▸ Collected data
______________________________

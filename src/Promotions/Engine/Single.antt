-- ===== src/Promotions/Engine/Single.antt =====
-- `evaluate` on one promotion against `validate` (modules/promotions/entities/promotion.engine.ts).
use smart_light.Prelude.{
  ℕ, false, [], ◌∷◌, none, some, ◌≡◌, refl, ap, arith, ==_refl, inl, inr, Option-cases,
}
use smart_light.Promotions.Types.{Promotion, CartContext, RejectionReason, is_shipping}
use smart_light.Promotions.Amount.{Amount, IsOrdered}
use smart_light.Promotions.Engine.{
  outside_window, unmet, has_percentage, rejection, reject, step, rounds, initial, sort, insert,
  evaluate, validate, apply_order,
}
use smart_light.Promotions.Engine.Bounds.{step_rejected, step_order}

module _ {W : Type 0} ⦃w : Amount W⦄ ⦃laws : IsOrdered W⦄ (now : ℕ) (p : Promotion W)
    (context : CartContext W) where
  -- Alone, a promotion is rejected for its window or for what it asks of the cart.
  rejection_alone :
      rejection now (p ∷ []) context (initial context) p
      ≡ (elim (outside_window now p) [ some r ↦ some r | none ↦ unmet p context ])
  unfolding rejection has_percentage
  rejection_alone = ground (arith, ==_refl p.id)

  validate_rejected :
      {r : RejectionReason}
      → rejection now (p ∷ []) context (initial context) p ≡ some r
      → validate now p context ≡ reject p r context
  unfolding validate
  validate_rejected rejected = ground (arith, rejection_alone, rejected)

  validate_passed :
      rejection now (p ∷ []) context (initial context) p ≡ none
      → validate now p context ≡ (apply_order context (initial context) p).0
  unfolding validate
  validate_passed passed = ground (arith, rejection_alone, passed)

  step-validate :
      is_shipping p.type ≡ false
      → (step now (p ∷ []) context (initial context) p).0 ≡ validate now p context
  step-validate paid = elim (Option-cases (rejection now (p ∷ []) context (initial context) p)) [
    | inr (r, rejected) ↦
        rw
          (
            step_rejected now (p ∷ []) context (initial context) p rejected,
            validate_rejected rejected,
          )
          refl
    | inl passed ↦
        rw (step_order now (p ∷ []) context (initial context) p passed paid, validate_passed passed)
          refl
  ]

module _ {W : Type 0} ⦃w : Amount W⦄ ⦃laws : IsOrdered W⦄ where
  -- A promotion on the order that is evaluated alone is evaluated as `validate` evaluates it, at the
  -- time of the one round.
  pub evaluate-validate :
      (clock : ℕ → ℕ) (p : Promotion W) (context : CartContext W)
      → is_shipping p.type ≡ false
      → (evaluate clock (p ∷ []) context).evaluations ≡ validate (clock 0) p context ∷ []
  unfolding evaluate sort insert rounds
  evaluate-validate clock p context paid = ap (λ e. e ∷ []) (step-validate (clock 0) p context paid)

______________________________

▸ What you need to do
In the entries above, find the line with "context) p ≡ some r" and the line with "unfolding evaluate sort insert rounds", then restate word for word both of them and every line between, with nothing more.

▸ Task solution
      → rejection now (p ∷ []) context (initial context) p ≡ some r
      → validate now p context ≡ reject p r context
  unfolding validate
  validate_rejected rejected = ground (arith, rejection_alone, rejected)

  validate_passed :
      rejection now (p ∷ []) context (initial context) p ≡ none
      → validate now p context ≡ (apply_order context (initial context) p).0
  unfolding validate
  validate_passed passed = ground (arith, rejection_alone, passed)

  step-validate :
      is_shipping p.type ≡ false
      → (step now (p ∷ []) context (initial context) p).0 ≡ validate now p context
  step-validate paid = elim (Option-cases (rejection now (p ∷ []) context (initial context) p)) [
    | inr (r, rejected) ↦
        rw
          (
            step_rejected now (p ∷ []) context (initial context) p rejected,
            validate_rejected rejected,
          )
          refl
    | inl passed ↦
        rw (step_order now (p ∷ []) context (initial context) p passed paid, validate_passed passed)
          refl
  ]

module _ {W : Type 0} ⦃w : Amount W⦄ ⦃laws : IsOrdered W⦄ where
  -- A promotion on the order that is evaluated alone is evaluated as `validate` evaluates it, at the
  -- time of the one round.
  pub evaluate-validate :
      (clock : ℕ → ℕ) (p : Promotion W) (context : CartContext W)
      → is_shipping p.type ≡ false
      → (evaluate clock (p ∷ []) context).evaluations ≡ validate (clock 0) p context ∷ []
  unfolding evaluate sort insert rounds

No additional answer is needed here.